UNH researchers have scientifically documented the first discovery of a pair of recently mated blue crabs in Great Bay Estuary (GBE) — the official confirmation that conditions in the Bay this year have become hospitable for the species that is typically found farther south. The presence of a breeding population is expected to have serious impacts on the Great Bay ecosystem, although the extent of those impacts is still unknown.
It was a routine late summer day on the estuary checking the traps that had been set out by UNH doctoral candidate Kelsey Meyer to monitor the estuary’s invasive green crab population, when doctoral candidate Alyssa Stasse and technician Emily Williams found a big surprise in one of the traps: two blue crabs that appeared to have mated. The female, which had recently molted, was subsequently examined and found to have distended turgid seminal receptacles with large sperm plugs, clear evidence of crustacean copulation.
Blue crabs have been captured occasionally in GBE since 2012, according to Jason Goldstein ’12G, research director at the Wells National Estuarine Reserve, but this is the first time researchers have found compelling evidence that the crabs are actually mating — and it’s a pretty big deal. It means a species that once only found itself in the colder, less hospitable waters of GBE by accident, has now found the Bay’s waters —warming as the result of climate change — a welcome habitat. Their arrival also heralds significant and potentially devastating implications for the estuary’s ecosystem, particularly its fragile oyster population.
“The arrival of blue crabs capable of creating a sustained population poses a new threat to oysters and other native GBE species,” says Bonnie Brown, professor and chair of the department of biological sciences.

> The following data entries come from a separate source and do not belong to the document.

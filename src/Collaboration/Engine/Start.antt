-- ===== src/Collaboration/Engine/Start.antt =====
-- `initial_collaboration_state` beside the invariant of the engine's states.
use super_scientist_orchestr.Prelude.{String, ◌≡◌, refl, subst, none, some, [], bind_intro}
use super_scientist_orchestr.Collaboration.{
  TopologySnapshot, CollaborationState, CollaborationSession, Platform,
}
use super_scientist_orchestr.Collaboration.Usage.{accumulate}
use super_scientist_orchestr.Collaboration.Termination.{contribution_depths}
use super_scientist_orchestr.Collaboration.Integrity.{exchanges_bind}
use super_scientist_orchestr.Collaboration.Integrity.Replay.{
  Progress, observe, replay_start, replay_loop, replay,
}
use super_scientist_orchestr.Collaboration.Engine.{start_state}
use super_scientist_orchestr.Collaboration.Observation.{with_hashes}
use super_scientist_orchestr.Collaboration.Engine.Progressed.{progress_of, observe-with_hashes}
use super_scientist_orchestr.Collaboration.Engine.Retained.{retained_of}
use super_scientist_orchestr.Collaboration.Engine.Replayed.{HasParts, IsReplayed, sealed}

module _ (platform : Platform) (session : CollaborationSession) (topology : TopologySnapshot)
    (hash : String) where
  abbrev pub started : CollaborationState
  started = sealed (with_hashes platform (start_state platform session topology) none 0 []) hash

  start-progress_of :
      progress_of platform (start_state platform session topology) []
      ≡ replay_start platform session topology
  unfolding progress_of start_state replay_start accumulate
  start-progress_of = refl

  pub started-replay : replay platform started ≡ some (progress_of platform started [])
  unfolding replay with_hashes start_state replay_loop progress_of
  started-replay =
      bind_intro (replay_loop platform started 1 [])
        (subst
          (λ (p : Progress).
            observe platform session started.observed_state_hashes started.cycle_projection_hashes 0
              p
            ≡ some (progress_of platform started []))
          start-progress_of
          (observe-with_hashes platform (start_state platform session topology) [] refl))
        refl

  pub started-IsReplayed : HasParts platform started → IsReplayed platform started []
  unfolding with_hashes start_state contribution_depths exchanges_bind retained_of accumulate
  started-IsReplayed parts = record {
    parts = parts;
    known = refl;
    replayed = started-replay;
    retained = refl;
  }
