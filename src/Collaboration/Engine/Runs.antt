-- ===== src/Collaboration/Engine/Runs.antt =====
-- The runs of a collaboration: what the engine lets pass, and how long a run can be.
use super_scientist_orchestr.Prelude.{
  ℕ, suc, ◌+◌, ◌≤◌, String, ◌≡◌, sym, ap, ◌∙◌, subst, ◌↔◌, true, none, some, List, [], arith,
  bind_inv,
}
use super_scientist_orchestr.Collaboration.{
  Resources, TopologySnapshot, TopologyEvent, PeerRequest, PeerContribution, CollaborationState,
  CollaborationSession, Platform, hash_of,
}
use super_scientist_orchestr.Collaboration.Topology.{build_topology}
use super_scientist_orchestr.Collaboration.Termination.{contribution_depths, set_depth}
use super_scientist_orchestr.Collaboration.Integrity.{initial_edges, counts_bind}
use super_scientist_orchestr.Collaboration.Integrity.Replay.{has_integrity}
use super_scientist_orchestr.Collaboration.Engine.{
  start_state, initial_collaboration_state, exchanged, advance_collaboration, rearranged,
  apply_topology_event,
}
use super_scientist_orchestr.Collaboration.Observation.{with_hashes, observed}
use super_scientist_orchestr.Collaboration.Engine.Exchange.{MayExchange, after_exchange-IsReplayed}
use super_scientist_orchestr.Collaboration.Engine.Rearrangement.{
  MayRearrange, after_event-IsReplayed,
}
use super_scientist_orchestr.Collaboration.Engine.Replayed.{
  IsReplayed, has_integrity-HasParts, sealed-HasParts, IsReplayed-has_integrity,
}
use super_scientist_orchestr.Collaboration.Engine.Start.{started-IsReplayed}
use super_scientist_orchestr.Collaboration.Engine.Advances.{
  build_state-inv, advance_collaboration-inv, advance_collaboration-total,
}
use super_scientist_orchestr.Collaboration.Engine.Changes.{
  apply_topology_event-inv, apply_topology_event-total,
}

-- The states that the engine makes of a session, in so many steps.
pub data Run (platform : Platform) (session : CollaborationSession)
    : ℕ → CollaborationState → Type 0 where
  start :
      {s : CollaborationState}
      → initial_collaboration_state platform session ≡ some s
      → Run platform session 0 s
  exchange :
      {n : ℕ} {s s' : CollaborationState} (r : PeerRequest) (c : PeerContribution) (u : Resources)
      → Run platform session n s
      → advance_collaboration platform session s r c u ≡ some s'
      → Run platform session (suc n) s'
  rearrange :
      {n : ℕ} {s s' : CollaborationState} (event : TopologyEvent)
      → Run platform session n s
      → apply_topology_event platform session s event ≡ some s'
      → Run platform session (suc n) s'

module _ (platform : Platform) (session : CollaborationSession) where
  start-IsReplayed :
      (s : CollaborationState)
      → initial_collaboration_state platform session ≡ some s
      → (s.session ≡ session) × (s.scheduling_position ≡ 0) × IsReplayed platform s []
  unfolding initial_collaboration_state observed start_state with_hashes contribution_depths
  start-IsReplayed s h =
      let (topology, built, more) =
        bind_inv (build_topology platform session.initial_active_peer_ids (initial_edges session)) _
          h in
      let payload = with_hashes platform (start_state platform session topology) none 0 [] in
      let (valid, result) = build_state-inv platform payload s more in
      let hash = hash_of platform (platform.dump_state payload) in
      (
        ap (λ (t : CollaborationState). t.session) result,
        ap (λ (t : CollaborationState). t.scheduling_position) result,
        subst (λ (t : CollaborationState). IsReplayed platform t []) (sym result)
            (started-IsReplayed platform session topology hash (
              sealed-HasParts platform payload hash
                (has_integrity-HasParts platform payload valid))),
      )

  -- What is known of a state of a run.
  pub record IsReached (n : ℕ) (s : CollaborationState) : Type 0 where
    pub of_session : s.session ≡ session
    pub position : s.scheduling_position ≡ n
    pub depths : List (String × ℕ)
    pub invariant : IsReplayed platform s depths

  exchange-IsReached :
      (n : ℕ) (s s' : CollaborationState) (r : PeerRequest) (c : PeerContribution) (u : Resources)
      → IsReached n s
      → advance_collaboration platform session s r c u ≡ some s'
      → IsReached (suc n) s'
  unfolding with_hashes exchanged
  exchange-IsReached n s s' r c u reached h =
      let inv = reached.invariant in
      let (depth, may, hash, e) = advance_collaboration-inv platform s reached.depths inv r c u (
        subst (λ (v : CollaborationSession). advance_collaboration platform v s r c u ≡ some s')
          (sym reached.of_session) h) in
      record {
        of_session = ap (λ (t : CollaborationState). t.session) e ∙ reached.of_session;
        position =
            let p = ap (λ (t : CollaborationState). t.scheduling_position) e in
            let q = reached.position in omega arith;
        depths = set_depth c.contribution_id depth reached.depths;
        invariant =
            subst
              (λ (t : CollaborationState).
                IsReplayed platform t (set_depth c.contribution_id depth reached.depths))
              (sym e)
              (after_exchange-IsReplayed platform s reached.depths inv r c u depth may hash);
      }

  rearrange-IsReached :
      (n : ℕ) (s s' : CollaborationState) (event : TopologyEvent)
      → IsReached n s
      → apply_topology_event platform session s event ≡ some s'
      → IsReached (suc n) s'
  unfolding with_hashes rearranged
  rearrange-IsReached n s s' event reached h =
      let inv = reached.invariant in
      let (after, may, hash, e) = apply_topology_event-inv platform s reached.depths inv event (
        subst (λ (v : CollaborationSession). apply_topology_event platform v s event ≡ some s')
          (sym reached.of_session) h) in
      record {
        of_session = ap (λ (t : CollaborationState). t.session) e ∙ reached.of_session;
        position =
            let p = ap (λ (t : CollaborationState). t.scheduling_position) e in
            let q = reached.position in omega arith;
        depths = reached.depths;
        invariant =
            subst (λ (t : CollaborationState). IsReplayed platform t reached.depths) (sym e)
              (after_event-IsReplayed platform s reached.depths inv event after may hash);
      }

  pub Run-IsReached : {n : ℕ} {s : CollaborationState} → Run platform session n s → IsReached n s
  Run-IsReached (start {s} h) =
      let (e, p, inv) = start-IsReplayed s h in
      record { of_session = e; position = p; depths = []; invariant = inv }
  Run-IsReached (exchange {n} {s} {s'} r c u run h) =
      exchange-IsReached n s s' r c u (Run-IsReached run) h
  Run-IsReached (rearrange {n} {s} {s'} event run h) =
      rearrange-IsReached n s s' event (Run-IsReached run) h

  -- In a run the engine makes an exchange exactly if it passes the engine's checks and its request
  -- is new, and applies a topology event exactly if that passes the engine's checks: the validator of
  -- the state, which replays all transitions, rejects nothing but a request that is used again.
  pub Run-steps_iff :
      {n : ℕ} {s : CollaborationState}
      → Run platform session n s
      → ((r : PeerRequest) (c : PeerContribution) (u : Resources)
          → ((s' : CollaborationState) × (advance_collaboration platform session s r c u ≡ some s'))
            ↔ ((depth : ℕ) × MayExchange platform s r c u depth))
        × ((event : TopologyEvent)
            → ((s' : CollaborationState) × (apply_topology_event platform session s event
                  ≡ some s'))
              ↔ ((after : TopologySnapshot) × MayRearrange platform s event after))
  Run-steps_iff {n} {s} run =
      let reached = Run-IsReached run in
      let inv = reached.invariant in
      (
        λ r c u.
            subst
              (λ (v : CollaborationSession).
                ((s' : CollaborationState) × (advance_collaboration platform v s r c u ≡ some s'))
                ↔ ((depth : ℕ) × MayExchange platform s r c u depth))
              reached.of_session
              (
                λ (s', h).
                    let (depth, may, _, _) =
                      advance_collaboration-inv platform s reached.depths inv r c u h in
                    (depth, may),
                λ (depth, may).
                    advance_collaboration-total platform s reached.depths inv r c u depth may,
              ),
        λ event.
            subst
              (λ (v : CollaborationSession).
                ((s' : CollaborationState) × (apply_topology_event platform v s event ≡ some s'))
                ↔ ((after : TopologySnapshot) × MayRearrange platform s event after))
              reached.of_session
              (
                λ (s', h).
                    let (after, may, _, _) =
                      apply_topology_event-inv platform s reached.depths inv event h in
                    (after, may),
                λ (after, may).
                    apply_topology_event-total platform s reached.depths inv event after may,
              ),
      )

  -- A run has at most as many steps as the budget has hops and topology changes, and each of its
  -- states passes the validator.
  pub Run-bounded :
      {n : ℕ} {s : CollaborationState}
      → Run platform session n s
      → (n ≤ session.budget.max_hops + session.budget.max_topology_changes)
        × (has_integrity platform s ≡ true)
  unfolding counts_bind
  Run-bounded {n} {s} run =
      let reached = Run-IsReached run in
      let counts = reached.invariant.parts.counts in
      let position = reached.position in
      let within : n ≤ s.session.budget.max_hops + s.session.budget.max_topology_changes =
        ground arith in
      (
        subst (λ (v : CollaborationSession). n ≤ v.budget.max_hops + v.budget.max_topology_changes)
            reached.of_session within,
        IsReplayed-has_integrity platform s reached.depths reached.invariant,
      )
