-- ===== src/Collaboration/Engine/Monopoly.antt =====
-- What the bound on the share of a peer does to a run.
use super_scientist_orchestr.Prelude.{
  ℕ, ◌*◌, ◌≤◌, ◌<◌, String, ◌≡◌, refl, sym, ap, subst, ◌⊎◌, inl, inr, true, false, some, List, [],
  ◌∷◌, arith, ltb, lt→ltb, ==_refl, nat_eq, string_eq, option_eq, list_eq, pair_eq, bool_eq, length,
  length-append, is_some,
}
use super_scientist_orchestr.Collaboration.{
  TopologyEvent, PeerRequest, PeerContribution, Resources, CollaborationState, CollaborationSession,
  Platform,
}
use super_scientist_orchestr.Collaboration.Termination.{summarize, termination_reason, any_count}
use super_scientist_orchestr.Collaboration.Engine.{
  evaluate_termination, exchanged, rearranged, advance_collaboration, apply_topology_event,
}
use super_scientist_orchestr.Collaboration.Integrity.{counts_bind}
use super_scientist_orchestr.Collaboration.Observation.{with_hashes}
use super_scientist_orchestr.Collaboration.Engine.Advances.{advance_collaboration-inv}
use super_scientist_orchestr.Collaboration.Engine.Changes.{apply_topology_event-inv}
use super_scientist_orchestr.Collaboration.Engine.Runs.{Run, IsReached, Run-IsReached}

-- One contribution alone is above any share below 1.
lone_share :
    (p : String) (share one : ℕ)
    → share < one
    → any_count (λ n. ltb (share * 1) (n * one)) (p ∷ []) ≡ true
lone_share p share one less =
    let k = ==_refl p in
    let l = lt→ltb (share * 1) (1 * one) (omega arith) in rw k (ground (arith, l))

ended_alone :
    (platform : Platform) (s : CollaborationState) (c : PeerContribution)
    → s.contributions ≡ c ∷ []
    → s.session.budget.max_peer_contribution_share < platform.one
    → is_some (evaluate_termination platform s) ≡ true
unfolding evaluate_termination termination_reason summarize
ended_alone platform s c e less =
    let share =
      lone_share c.peer_id s.session.budget.max_peer_contribution_share platform.one less in
    rw e (ground (arith, share))

at_most_one :
    {A : Type 0} (xs : List A) → length xs ≤ 1 → (length xs ≡ 0) ⊎ ((x : A) × (xs ≡ x ∷ []))
at_most_one [] h = inl refl
at_most_one (x ∷ []) h = inr (x, refl)
at_most_one (x ∷ y ∷ xs) h = absurd (omega (arith, h))

module _ (platform : Platform) (session : CollaborationSession)
    (less : session.budget.max_peer_contribution_share < platform.one) where
  -- A state that goes on has no contribution, if it has at most one.
  going_alone :
      {n : ℕ} {s : CollaborationState}
      → IsReached platform session n s
      → length s.contributions ≤ 1
      → is_some (evaluate_termination platform s) ≡ false
      → length s.contributions ≡ 0
  going_alone {n} {s} reached few going = elim (at_most_one s.contributions few) [
    | inl none_yet ↦ none_yet
    | inr (c, one_yet) ↦
        let share =
          subst (λ (v : CollaborationSession). v.budget.max_peer_contribution_share < platform.one)
            (sym reached.of_session) less in
        let ended = ended_alone platform s c one_yet share in absurd (ground (arith, ended, going))
  ]

  exchanged_once :
      {n : ℕ} {s s' : CollaborationState} (r : PeerRequest) (c : PeerContribution) (u : Resources)
      → IsReached platform session n s
      → length s.contributions ≤ 1
      → advance_collaboration platform session s r c u ≡ some s'
      → length s'.contributions ≤ 1
  unfolding with_hashes exchanged
  exchanged_once {n} {s} {s'} r c u reached few h =
      let (depth, may, hash, e) =
        advance_collaboration-inv platform s reached.depths reached.invariant r c u (
          subst (λ (v : CollaborationSession). advance_collaboration platform v s r c u ≡ some s')
            (sym reached.of_session) h) in
      let none_yet = going_alone reached few may.going in
      let grown = ap (λ (t : CollaborationState). length t.contributions) e in
      let size = length-append s.contributions (c ∷ []) in omega arith

  rearranged_once :
      {n : ℕ} {s s' : CollaborationState} (event : TopologyEvent)
      → IsReached platform session n s
      → length s.contributions ≤ 1
      → apply_topology_event platform session s event ≡ some s'
      → length s'.contributions ≤ 1
  unfolding with_hashes rearranged
  rearranged_once {n} {s} {s'} event reached few h =
      let (after, may, hash, e) =
        apply_topology_event-inv platform s reached.depths reached.invariant event (
          subst (λ (v : CollaborationSession). apply_topology_event platform v s event ≡ some s')
            (sym reached.of_session) h) in
      let same = ap (λ (t : CollaborationState). length t.contributions) e in omega arith

  -- Where the bound on the share of a peer is below 1, a run has at most one contribution, as the
  -- first one alone is above the bound.
  pub Run-single :
      {n : ℕ} {s : CollaborationState} → Run platform session n s → length s.contributions ≤ 1
  unfolding counts_bind
  Run-single (Run.start {s} h) =
      let reached = Run-IsReached platform session (Run.start h) in
      let counts = reached.invariant.parts.counts in let position = reached.position in ground arith
  Run-single (Run.exchange {n} {s} {s'} r c u run h) =
      exchanged_once r c u (Run-IsReached platform session run) (Run-single run) h
  Run-single (Run.rearrange {n} {s} {s'} event run h) =
      rearranged_once event (Run-IsReached platform session run) (Run-single run) h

Meyer, Stasse and Williams work in Brown’s Ecological Genetics Laboratory.
Continues Brown, “This new predator — which eats bivalves including clams and eastern oysters — brings the possibility of dramatic changes to the GBE ecosystem including how nutrients like nitrogen and phosphorus cycle between the physical environment and living organisms to keep both healthy and thriving. Eastern oyster populations in the Bay provide habitat and nutrient cycling services, and their numbers are estimated to be only about 10 percent of what they were in the 1980s. A breeding population of blue crabs would be really bad news.”
"It's exciting from the scientific perspective, but not exciting from the perspective of 'Here's a new species that shouldn't be here.'"
“If [the blue crabs] are here long enough to eat and molt and mate, they may be setting up shop,” she says. “It’s exciting from the scientific perspective, but not exciting from the perspective of ‘Here’s a new species that shouldn’t be here.’”
Bradt is leading a new Great Bay National Estuarine Research Reserve and NH Sea Grant pilot crab monitoring project in GBE to establish a baseline and early detection of several species of concern, including blue crabs, as well as trophic interactions. The project also involves community engagement to begin mapping the distribution of the crabs both locally in New Hampshire and in the region. The team includes Alyson Eberhardt ’04G, ’19G, coastal ecosytems specialist at UNH Cooperative Extension and New Hampshire Sea Grant, Chris Peter ‘07G, research coordinator at the Great Bay National Estuarine Research Reserve (GBNERR), Heather Ballestero, research assistant at GBNERR, and Jessie Batchelder, research assistant at Manomet.
Oysters and the oyster farming industry in GBE are already threatened by invasive green crabs, which also feed on bivalves. Meyer, whose traps caught the two mating blue crabs, is studying the abundance, distribution and diet of green crabs in GBE. She is currently collecting data to gain a better understanding of where green crabs are, when they are there, what are they’re eating and how they interact with Great Bay’s oyster farms.
Brown and her team have submitted the scientific finding of the mated blue crabs to Northeastern Naturalist, a journal that documents natural history of organisms in northeastern North America.
The research projects that both Meyer and Stasse are conducting are funded primarily by a New Hampshire Agricultural Experiment Station Hatch grant, with additional funding from 2022 New Hampshire Sea Grant Graduate Research Fellowships.